Conclusions from Experiment 3

Overall, I don’t have enough evidence to suggest that the best value for gamma depends on the noise level. This generally matches what I have seen in the documentation that assigns gamma based off of the size of the training set.
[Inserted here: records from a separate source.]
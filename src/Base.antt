-- ===== src/Base.antt =====
-- The names that the models share: the libraries', passed on, and those of the children: Boolean
-- tests, C arrays as lists, and the ways in which a call of C code can end.
mod Tests
mod Lists
mod Calls
pub mod Resources
pub mod Int
unfoldable pub use Tests.*
pub use Lists.*
pub use Calls.*
pub use Prim.Native.Nat.{ℕ, zero, suc, ◌+◌, ◌-◌, ◌*◌, ◌/◌, ◌%◌, ◌^◌, ◌≤◌, ◌<◌}
pub use mathlib.Core.Path.{◌≡◌, refl, sym, ap, ◌∙◌}
pub use mathlib.Core.Logic.{◌≢◌, ◌↔◌, ◌⊎◌, inl, inr}
pub use mathlib.Core.Bool.{Bool, true, false, not, ◌&&◌, ◌||◌}
pub use mathlib.Core.Option.{Option, none, some}
pub use mathlib.Core.List.{List, [], ◌∷◌, ◌++◌, map, append_assoc, append-nil}
pub use native.Mathlib.Omega.{arith}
Experiment 4: Other Shapes

Testing with gamma=.1
noises = [0, .1, .2]
fig, axarr = plt.subplots(len(noises), 2, figsize=(12, 6*len(noises)))
gamma = .1
for i, noise in enumerate(noises):
    X_train, y_train = make_circles(50, shuffle = True, noise = noise)
    X_test, y_test = make_circles(50, shuffle = True, noise = noise)
    KLR = KernelLogisticRegression(rbf_kernel, gamma=gamma)
    KLR.fit(X_train, y_train)
    construct_plot(X_train, y_train, KLR, axarr[i][0], f"noise={noise} Training Accuracy = ")
    construct_plot(X_test, y_test, KLR, axarr[i][1], f"noise={noise} Test Accuracy = ")

Testing with gamma=1
noises = [0, .1, .2]
fig, axarr = plt.subplots(len(noises), 2, figsize=(12, 6*len(noises)))
gamma = 1
for i, noise in enumerate(noises):
    X_train, y_train = make_circles(50, shuffle = True, noise = noise)
    X_test, y_test = make_circles(50, shuffle = True, noise = noise)
    KLR = KernelLogisticRegression(rbf_kernel, gamma=gamma)
    KLR.fit(X_train, y_train)
    construct_plot(X_train, y_train, KLR, axarr[i][0], f"noise={noise} Training Accuracy = ")
    construct_plot(X_test, y_test, KLR, axarr[i][1], f"noise={noise} Test Accuracy = ")

Testing with gamma=10

A gamma value of 10 is too high with

noises = [0, .1, .2]
fig, axarr = plt.subplots(len(noises), 2, figsize=(12, 6*len(noises)))
gamma = 10
for i, noise in enumerate(noises):
    X_train, y_train = make_circles(50, shuffle = True, noise = noise)
    X_test, y_test = make_circles(50, shuffle = True, noise = noise)
    KLR = KernelLogisticRegression(rbf_kernel, gamma=gamma)
    KLR.fit(X_train, y_train)
    construct_plot(X_train, y_train, KLR, axarr[i][0], f"noise={noise} Training Accuracy = ")
    construct_plot(X_test, y_test, KLR, axarr[i][1], f"noise={noise} Test Accuracy = ")

Conclusions from Experiment 4

When there is no noise pretty much any reasonable gamma will do, but once there starts to be signficant noise, the lower gamma value does better on this set.